The textured surfaces of rollers 3a and 3b partially penetrate the surface
of foam sheet 2 (see FIG. 5) at the same time that it is being compressed
by said rollers, thereby effecting surface cell fracture and facilitating
the escape of some of the gaseous material contained within the now
compressed internal cell structure of the foam sheet. The rupture of at
least a substantial portion of the compressed cells provides a maximum
reduction in the thickness of the foam sheet as it passes between the
rollers and prevents the sheet material from returning to its original
thickness after the applied pressure is removed.
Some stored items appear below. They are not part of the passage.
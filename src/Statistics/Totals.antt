-- ===== src/Statistics/Totals.antt =====
-- statistics_service.py: the totals of a report.
use mathlib.Core.Path.{subst⁻¹}
use owlmatic.Prelude.{
  ℕ, suc, ◌≡◌, ◌≤◌, ◌+◌, ◌*◌, refl, ◌∙◌, Bool, true, false, ◌&&◌, not, String, Option, List, [],
  ◌∷◌, map, sum_by, count_by, ◌==◌, string_eq, if◌then◌else◌, contains, arith, eq_iff, Bool-cases,
  inl, inr,
}
use owlmatic.Domain.{state_eq, Outcome, outcome_eq, Purpose, purpose_eq, is_running}
use owlmatic.Measurement.{MeasurementReport}
use owlmatic.Statistics.Contracts.{SavingsBaseline, RunBucket, WorkflowStatistics}
use owlmatic.Statistics.Service.{
  verified, count_if, is_failure, all_buckets, is_workflow, of_ref, workflow_statistics,
  workflow_keys, insert_ref, sort_refs, workflow_refs, find_baseline, workflow_rows, report,
}

-- A bucket's runs are active, verified, failed, or completed without a verdict: never two of these.
bucket_parts :
    (bs : List RunBucket)
    → count_if (λ b. is_running b.state) bs
        + count_if verified bs
        + count_if (λ b. is_failure b.state) bs
      ≤ count_if all_buckets bs
unfolding count_if verified
bucket_parts [] = omega arith
bucket_parts (b ∷ bs) = ground (arith, bucket_parts bs)

bucket_verdicts :
    (bs : List RunBucket)
    → count_if verified bs
      ≡ count_if (λ b. verified b && b.outcome == Outcome.pass) bs
        + count_if (λ b. verified b && b.outcome == Outcome.fail) bs
unfolding count_if verified
bucket_verdicts [] = refl
bucket_verdicts (b ∷ bs) = ground (arith, bucket_verdicts bs)

-- The counts of one workflow add up: every run is active or terminal, a verified run has passed
-- or has detected a failure, and verified runs and execution errors are different terminal runs.
pub workflow_statistics-counts :
    (ref : String) (buckets : List RunBucket) (baseline : Option SavingsBaseline)
    → let w = workflow_statistics ref buckets baseline in
      (w.runs ≡ w.terminal + w.running)
      × (w.verified ≡ w.passed + w.detected_failures)
      × (w.verified + w.execution_errors ≤ w.terminal)
unfolding workflow_statistics
workflow_statistics-counts ref buckets baseline = (
  omega (arith, bucket_parts buckets),
  bucket_verdicts buckets,
  omega (arith, bucket_parts buckets),
)

abbrev same_ref : String → String → Bool
same_ref ref r = r == ref

-- How often a reference stands among the rows.
abbrev pub multiplicity : String → List String → ℕ
multiplicity ref = count_by (same_ref ref)

multiplicity-insert :
    (ref r : String) (refs : List String)
    → multiplicity ref (insert_ref r refs) ≡ multiplicity ref (r ∷ refs)
unfolding insert_ref
multiplicity-insert ref r [] = refl
multiplicity-insert ref r (q ∷ refs) = ground (arith, multiplicity-insert ref r refs)

multiplicity-sort :
    (ref : String) (refs : List String) → multiplicity ref (sort_refs refs) ≡ multiplicity ref refs
unfolding sort_refs
multiplicity-sort ref [] = refl
multiplicity-sort ref (r ∷ refs) =
    ground (arith, multiplicity-insert ref r (sort_refs refs), multiplicity-sort ref refs)

contains-multiplicity :
    (ref : String) (refs : List String) → contains ref refs ≡ false → multiplicity ref refs ≡ 0
contains-multiplicity ref [] h = refl
contains-multiplicity ref (r ∷ refs) h = ground (arith, contains-multiplicity ref refs)

contains-pos :
    (ref : String) (refs : List String) → contains ref refs ≡ true → 1 ≤ multiplicity ref refs
contains-pos ref [] h = cc
contains-pos ref (r ∷ refs) h = ground (arith, contains-pos ref refs)

multiplicity-keys-le :
    (ref : String) (bs : List RunBucket) → multiplicity ref (workflow_keys bs) ≤ 1
unfolding workflow_keys
multiplicity-keys-le ref [] = omega arith
multiplicity-keys-le ref (b ∷ bs) = ground (
  arith,
  eq_iff b.ref ref,
  contains-multiplicity ref (workflow_keys bs),
  multiplicity-keys-le ref bs,
)

abbrev within : (RunBucket → Bool) → RunBucket → Bool
within test b = is_workflow b && test b

abbrev sum_refs : (RunBucket → Bool) → List RunBucket → List String → ℕ
sum_refs test bs = sum_by (λ r. count_if test (of_ref r bs))

abbrev weight : (RunBucket → Bool) → RunBucket → ℕ → ℕ
weight test b n = if within test b then b.count * n else 0

sum_refs-nil : (test : RunBucket → Bool) (refs : List String) → sum_refs test [] refs ≡ 0
unfolding count_if
sum_refs-nil test [] = refl
sum_refs-nil test (r ∷ refs) = omega (arith, sum_refs-nil test refs)

one_more : (c n : ℕ) → c * suc n ≡ c + c * n
one_more c n = grind arith

sum_refs-cons :
    (test : RunBucket → Bool) (b : RunBucket) (bs : List RunBucket) (refs : List String)
    → sum_refs test (b ∷ bs) refs ≡ weight test b (multiplicity b.ref refs) + sum_refs test bs refs
unfolding count_if
sum_refs-cons test b bs [] = ground arith
sum_refs-cons test b bs (r ∷ refs) = ground (
  arith,
  eq_iff b.ref r,
  eq_iff r b.ref,
  one_more b.count (multiplicity b.ref refs),
  sum_refs-cons test b bs refs,
)

-- Every workflow bucket finds its reference exactly once.
abbrev Covers : List String → List RunBucket → Type 0
Covers refs [] = Unit
Covers refs (b ∷ bs) = (is_workflow b ≡ true → multiplicity b.ref refs ≡ 1) × Covers refs bs

sum_refs-covered :
    (test : RunBucket → Bool) (refs : List String) (bs : List RunBucket)
    → Covers refs bs
    → sum_refs test bs refs ≡ count_if (within test) bs
unfolding count_if
sum_refs-covered test refs [] c = sum_refs-nil test refs
sum_refs-covered test refs (b ∷ bs) c =
    ground (arith, sum_refs-cons test b bs refs, sum_refs-covered test refs bs c.1, c.0)

abbrev Lists : List String → List RunBucket → Type 0
Lists refs [] = Unit
Lists refs (b ∷ bs) = (is_workflow b ≡ true → 1 ≤ multiplicity b.ref refs) × Lists refs bs

Lists-more :
    (k : String) (refs : List String) (bs : List RunBucket) → Lists refs bs → Lists (k ∷ refs) bs
Lists-more k refs [] l = tt
Lists-more k refs (b ∷ bs) l = ((λ w. ground (arith, l.0 w)), Lists-more k refs bs l.1)

keys-fresh :
    (b : RunBucket) (bs : List RunBucket)
    → is_workflow b && not (contains b.ref (workflow_keys bs)) ≡ true
    → workflow_keys (b ∷ bs) ≡ b.ref ∷ workflow_keys bs
unfolding workflow_keys
keys-fresh b bs h = ground arith

keys-old :
    (b : RunBucket) (bs : List RunBucket)
    → is_workflow b && not (contains b.ref (workflow_keys bs)) ≡ false
    → workflow_keys (b ∷ bs) ≡ workflow_keys bs
unfolding workflow_keys
keys-old b bs h = ground arith

Lists-keys : (bs : List RunBucket) → Lists (workflow_keys bs) bs
Lists-keys [] = tt
Lists-keys (b ∷ bs) = elim (Bool-cases (is_workflow b && not (contains b.ref (workflow_keys bs)))) [
  | inl fresh ↦
      subst⁻¹ (λ keys. Lists keys (b ∷ bs)) (keys-fresh b bs fresh)
        (
          (λ w. ground (arith, eq_iff b.ref b.ref)),
          Lists-more b.ref (workflow_keys bs) bs (Lists-keys bs),
        )
  | inr old ↦
      subst⁻¹ (λ keys. Lists keys (b ∷ bs)) (keys-old b bs old)
        ((λ w. ground (arith, contains-pos b.ref (workflow_keys bs))), Lists-keys bs)
]

Covers-refs :
    (all bs : List RunBucket) → Lists (workflow_keys all) bs → Covers (workflow_refs all) bs
unfolding workflow_refs
Covers-refs all [] l = tt
Covers-refs all (b ∷ bs) l = (
  (λ w.
      omega (
        arith,
        l.0 w,
        multiplicity-keys-le b.ref all,
        multiplicity-sort b.ref (workflow_keys all),
      )),
  Covers-refs all bs l.1,
)

sum_by-rows :
    (f : WorkflowStatistics → ℕ) (test : RunBucket → Bool) (buckets : List RunBucket)
    (baselines : List SavingsBaseline) (refs : List String)
    → ((ref : String)
        → f (workflow_statistics ref (of_ref ref buckets) (find_baseline ref baselines))
          ≡ count_if test (of_ref ref buckets))
    → sum_by f (
        map
          (λ ref. workflow_statistics ref (of_ref ref buckets) (find_baseline ref baselines))
          refs)
      ≡ sum_refs test buckets refs
sum_by-rows f test buckets baselines [] h = refl
sum_by-rows f test buckets baselines (r ∷ refs) h =
    omega (arith, h r, sum_by-rows f test buckets baselines refs h)

sum_rows :
    (f : WorkflowStatistics → ℕ) (test : RunBucket → Bool) (buckets : List RunBucket)
    (baselines : List SavingsBaseline)
    → ((ref : String)
        → f (workflow_statistics ref (of_ref ref buckets) (find_baseline ref baselines))
          ≡ count_if test (of_ref ref buckets))
    → sum_by f (workflow_rows buckets baselines) ≡ count_if (within test) buckets
unfolding workflow_rows
sum_rows f test buckets baselines h =
    sum_by-rows f test buckets baselines (workflow_refs buckets) h
    ∙ sum_refs-covered test (workflow_refs buckets) buckets
        (Covers-refs buckets buckets (Lists-keys buckets))

count_purposes :
    (bs : List RunBucket)
    → count_if (within all_buckets) bs
        + count_if (λ b. b.purpose == Purpose.validation) bs
        + count_if (λ b. b.purpose == Purpose.unknown) bs
      ≡ count_if all_buckets bs
unfolding count_if
count_purposes [] = refl
count_purposes (b ∷ bs) = ground (arith, count_purposes bs)

-- The report counts every retained run once: as a run of one workflow row, as an excluded
-- validation or as an excluded legacy run. Its totals of verified, failed and active runs are
-- those of all workflow runs, whatever their rows.
pub report-counts :
    (measurements : Option MeasurementReport) (now start : String) (first_day days : ℕ)
    (buckets : List RunBucket) (baselines : List SavingsBaseline)
    → let r = report measurements now start first_day days buckets baselines in
      (r.runs + r.excluded_validation_runs + r.excluded_legacy_runs ≡ count_if all_buckets buckets)
      × (r.verified ≡ count_if (λ b. is_workflow b && verified b) buckets)
      × (r.execution_errors ≡ count_if (λ b. is_workflow b && is_failure b.state) buckets)
      × (r.running ≡ count_if (λ b. is_workflow b && is_running b.state) buckets)
unfolding report
report-counts measurements now start first_day days buckets baselines = (
  unfold workflow_statistics in
      omega (
        arith,
        sum_rows (λ w. w.runs) all_buckets buckets baselines (λ r. refl),
        count_purposes buckets,
      ),
  unfold workflow_statistics in sum_rows (λ w. w.verified) verified buckets baselines (λ r. refl),
  unfold workflow_statistics in
      sum_rows (λ w. w.execution_errors) (λ b. is_failure b.state) buckets baselines (λ r. refl),
  unfold workflow_statistics in
      sum_rows (λ w. w.running) (λ b. is_running b.state) buckets baselines (λ r. refl),
)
The degree of thickness
reduction imparted to the foam sheet in this step will depend upon several
factors, primarily the pressure applied between the nip rollers and the
amount of cell rupture, and these factors may be varied to achieve
end-product characteristics as desired.
Upon leaving rollers 3a and 3b the foam material 4, reduced in thickness
from that of foam sheet 2 and containing impressions of the surface
pattern of rollers 3a and 3b, may be passed between counter-rotating
smooth surface nip rollers 5a and 5b. Rollers 5a and 5b press against foam
4 with a predetermined force applied via a suitable load producing means 9
(see FIG. 2), further reducing the thickness of the foam material and also
reducing the depth and intensity of the impressions left by 3a and 3b
thereby restoring a desired degree of smoothness to the surface of the
foam sheet. The amount of additional thickness reduction achieved over the
initial compression step can be substantial and will depend primarily upon
the pressure applied between 5a and 5b.
The thinned, flexible, relatively smooth product 6, having a thickness
which is preferably in the range of 2 mils to 20 mils, is then wound on
take-up roll 17 for transport and storage. Alternately, product 6 may be
fed directly to appropriate subsequent process means where it is cut or
otherwise formed into a desired end product.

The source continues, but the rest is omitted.